Whistler’s plea can’t be entirely dismissed. If there is a distinction to be made between artistic images of beautiful people and the beautiful people one sees on Instagram or in a fashion magazine, it must have something to do with art, with formal arrangements, design choices, underscoring and heightening of certain characteristics, blurring or erasing others.

But for the artist’s model, who was also his lover and effectively his wife, this all adds up to a suffocating and closed system. Just as her beauty makes us naturally curious about her inner life, the artist insists we erase that curiosity. She is there, compelling us to wonder about everything from the tone of her voice to the rhythm of her laughter. But he claims that the only legitimate wonder should be directed at him, at his skill and accomplishment, which was indeed formidable.
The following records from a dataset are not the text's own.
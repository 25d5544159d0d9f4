-- ===== src/Circuit/Breaker/Sequential.antt =====
-- What internal/circuit/breaker.go does to calls that run one after another.
use nous.Prelude.{
  ℕ, ◌+◌, ◌≤◌, ◌<◌, ◌≡◌, ◌≢◌, refl, ◌⊎◌, inl, inr, Bool, true, false, List, [], ◌∷◌, arith, ltb,
  ltb→lt, All, length, Bool-cases, ap, ◌∙◌, if◌then◌else◌,
}
use nous.Prelude.Int.{pos, neg_part, leb_ℤ}
use nous.Prelude.Time.{Time, add, before}
use nous.Circuit.Breaker.{
  closed, open_, half_open, Config, Breaker, new_breaker, Outcome, circuit_open, ran, call,
}

-- A call: when it starts, whether `fn` fails, and when `fn` ends.
abbrev pub Attempt : Type 0
Attempt = Time × Bool × Time

unfoldable pub run : Breaker → List Attempt → Breaker
run b [] = b
run b ((now, failed, later) ∷ rest) = run (call b now failed later).0 rest

unfoldable pub outcomes : Breaker → List Attempt → List Outcome
outcomes b [] = []
outcomes b ((now, failed, later) ∷ rest) =
    (call b now failed later).1 ∷ outcomes (call b now failed later).0 rest

-- What holds between calls: a closed breaker is below its limit of failures, an open one has reached
-- it, and it is never left half open.
pub record Inv (b : Breaker) : Type 0 where
  pub positive : leb_ℤ b.config.max_failures (pos 0) ≡ false
  pub below : b.state ≡ closed → leb_ℤ b.config.max_failures (pos b.failures) ≡ false
  pub reached : b.state ≡ open_ → leb_ℤ b.config.max_failures (pos b.failures) ≡ true
  pub settled : b.state ≢ half_open

pub new-Inv : (c : Config) → neg_part c.max_failures ≡ 0 → Inv (new_breaker c)
unfolding new_breaker
new-Inv c h = ground arith

call-Inv :
    (b : Breaker) (now : Time) (failed : Bool) (later : Time)
    → leb_ℤ b.config.max_requests (pos 0) ≡ false
    → Inv b
    → Inv (call b now failed later).0 × ((call b now failed later).0.config ≡ b.config)
unfolding call
call-Inv b now failed later m h = (ground arith, ground arith)

-- With a limit of failures above 0, room for a probe, and a breaker of which this holds to begin with,
-- no sequence of calls leaves the breaker half open, or closed at its limit of failures, or open below
-- it.
pub run-Inv :
    (b : Breaker) (attempts : List Attempt)
    → leb_ℤ b.config.max_requests (pos 0) ≡ false
    → Inv b
    → Inv (run b attempts)
unfolding run
run-Inv b [] m h = h
run-Inv b ((now, failed, later) ∷ rest) m h =
    let (h', e) = call-Inv b now failed later m h in
    run-Inv (call b now failed later).0 rest (rw e m) h'

-- Every call of the list fails.
abbrev pub AllFail : List Attempt → Type 0
AllFail = All (λ (a : Attempt). a.1 ≡ true)

call_counts :
    (b : Breaker) (now later : Time) (m : ℕ)
    → b.config.max_failures ≡ pos m
    → b.state ≡ closed
    → b.failures + 1 < m
    → ((call b now true later).0.state ≡ closed)
      × ((call b now true later).0.failures ≡ b.failures + 1)
      × ((call b now true later).0.config ≡ b.config)
unfolding call
call_counts b now later m e c h = ground arith

call_trips :
    (b : Breaker) (now later : Time) (m : ℕ)
    → b.config.max_failures ≡ pos m
    → b.state ≡ closed
    → m ≤ b.failures + 1
    → (call b now true later).0.state ≡ open_
unfolding call
call_trips b now later m e c h = ground arith

still_closed :
    (b : Breaker) (attempts : List Attempt) (m : ℕ)
    → b.config.max_failures ≡ pos m
    → b.state ≡ closed
    → AllFail attempts
    → b.failures + length attempts < m
    → (run b attempts).state ≡ closed
unfolding run
still_closed b [] m e c f h = c
still_closed b ((now, failed, later) ∷ rest) m e c f h =
    let (c', n, k) = call_counts b now later m e c (omega arith) in
    rw f.0 (
      still_closed (call b now true later).0 rest m (ap (λ (x : Config). x.max_failures) k ∙ e) c'
        f.1 (omega arith))

trips :
    (b : Breaker) (attempts : List Attempt) (m : ℕ)
    → b.config.max_failures ≡ pos m
    → b.state ≡ closed
    → AllFail attempts
    → b.failures < m
    → b.failures + length attempts ≡ m
    → (run b attempts).state ≡ open_
unfolding run
trips b [] m e c f l h = absurd (omega arith)
trips b ((now, failed, later) ∷ []) m e c f l h =
    rw f.0 (call_trips b now later m e c (omega arith))
trips b ((now, failed, later) ∷ a ∷ rest) m e c f l h =
    let (c', n, k) = call_counts b now later m e c (omega arith) in
    rw f.0 (
      trips (call b now true later).0 (a ∷ rest) m (ap (λ (x : Config). x.max_failures) k ∙ e) c'
        f.1 (omega arith) (omega arith))

-- A closed breaker below its limit opens with exactly the failing call that reaches the limit: after a
-- sequence of failing calls, no longer than that takes, it is open if the limit is reached and closed
-- otherwise.
pub trips_exactly :
    (b : Breaker) (attempts : List Attempt) (m : ℕ)
    → b.config.max_failures ≡ pos m
    → b.state ≡ closed
    → AllFail attempts
    → b.failures < m
    → b.failures + length attempts ≤ m
    → (run b attempts).state ≡ (if ltb (b.failures + length attempts) m then closed else open_)
trips_exactly b attempts m e c f l h = elim (Bool-cases (ltb (b.failures + length attempts) m)) [
  | inl t ↦ rw t (still_closed b attempts m e c f (ltb→lt _ _ t))
  | inr t ↦ rw t (trips b attempts m e c f l (ground arith))
]

call_blocked :
    (b : Breaker) (now : Time) (failed : Bool) (later : Time)
    → b.state ≡ open_
    → before now b.next_try ≡ true
    → call b now failed later ≡ (b, circuit_open)
unfolding call
call_blocked b now failed later s h = ground arith

-- An open breaker refuses all calls of a sequence that start before its time, and does not change.
pub open_blocks :
    (b : Breaker) (attempts : List Attempt)
    → b.state ≡ open_
    → All (λ (a : Attempt). before a.0 b.next_try ≡ true) attempts
    → (run b attempts ≡ b) × All (λ o. o ≡ circuit_open) (outcomes b attempts)
unfolding run outcomes
open_blocks b [] s h = (refl, tt)
open_blocks b ((now, failed, later) ∷ rest) s h =
    let (same_b, refused_all) = open_blocks b rest s h.1 in
    rw (call_blocked b now failed later s h.0) (same_b, (refl, refused_all))

-- With room for a probe, and a breaker of which the invariant between calls holds, the first call that
-- it gets when it is open and its time has come runs, and its result decides: a success closes the
-- breaker and forgets the failures, a failure counts one more and opens it again until its timeout has
-- passed once more.
pub probe_decides :
    (b : Breaker) (now : Time) (failed : Bool) (later : Time)
    → leb_ℤ b.config.max_requests (pos 0) ≡ false
    → Inv b
    → b.state ≡ open_
    → before now b.next_try ≡ false
    → ((call b now failed later).1 ≡ ran failed)
      × ((call b now failed later).0.state ≡ (if failed then open_ else closed))
      × ((call b now failed later).0.failures ≡ (if failed then b.failures + 1 else 0))
      × ((call b now failed later).0.next_try
          ≡ (if failed then add later b.config.timeout else b.next_try))
unfolding call
probe_decides b now failed later m h s t = ground arith

-- A breaker that lets no probe in: half open with its requests used up, or open with none to give.
abbrev pub IsWedged : Breaker → Type 0
IsWedged b =
    ((b.state ≡ half_open) × (leb_ℤ b.config.max_requests (pos b.half_open_requests) ≡ true))
    ⊎ ((b.state ≡ open_) × (leb_ℤ b.config.max_requests (pos 0) ≡ true))

call-IsWedged :
    (b : Breaker) (now : Time) (failed : Bool) (later : Time)
    → IsWedged b
    → ((call b now failed later).1 ≡ circuit_open) × IsWedged (call b now failed later).0
unfolding call
call-IsWedged b now failed later h = ground arith

-- Once the breaker is open with a `MaxRequests` of 0 or less, or half open with all requests used,
-- every later call of a sequence is refused, however much time passes.
pub wedged_refuses :
    (b : Breaker) (attempts : List Attempt)
    → IsWedged b
    → All (λ o. o ≡ circuit_open) (outcomes b attempts)
unfolding outcomes
wedged_refuses b [] h = tt
wedged_refuses b ((now, failed, later) ∷ rest) h =
    let (o, h') = call-IsWedged b now failed later h in
    (o, wedged_refuses (call b now failed later).0 rest h')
Curators and scholars are now in argument with that system. Exhibitions like this one, and the groundbreaking 2018 show “Posing Modernity: The Black Model From Manet and Matisse to Today,” aim to recapture some sense of those who were erased through the centuries by the inexorable commodification of people, usually women, in art.

It’s an important and exciting new direction in scholarship, but often very frustrating because the erasure is sometimes complete. In the case of Joanna Hiffernan, the traces that are left only make that erasure seem larger and more haunting. Look to another painter, Gustave Courbet, who also painted Hiffernan. Several versions of his portrait of her are in the National Gallery exhibition and, intentionally or accidentally, they give us one small clue utterly absent from Whistler’s images.

How did she negotiate any independence or power in what was a terribly unequal relationship? I’m just guessing, but based on Courbet’s more psychologically acute representation, she almost certainly knew how to cut Whistler down to size, trim his sails and render up to him an image of his own mean-spirited, churlish self, in all its ugliness.

The Woman in White: Joanna Hiffernan and James McNeill Whistler Through Oct. 10 at the National Gallery of Art. nga.gov.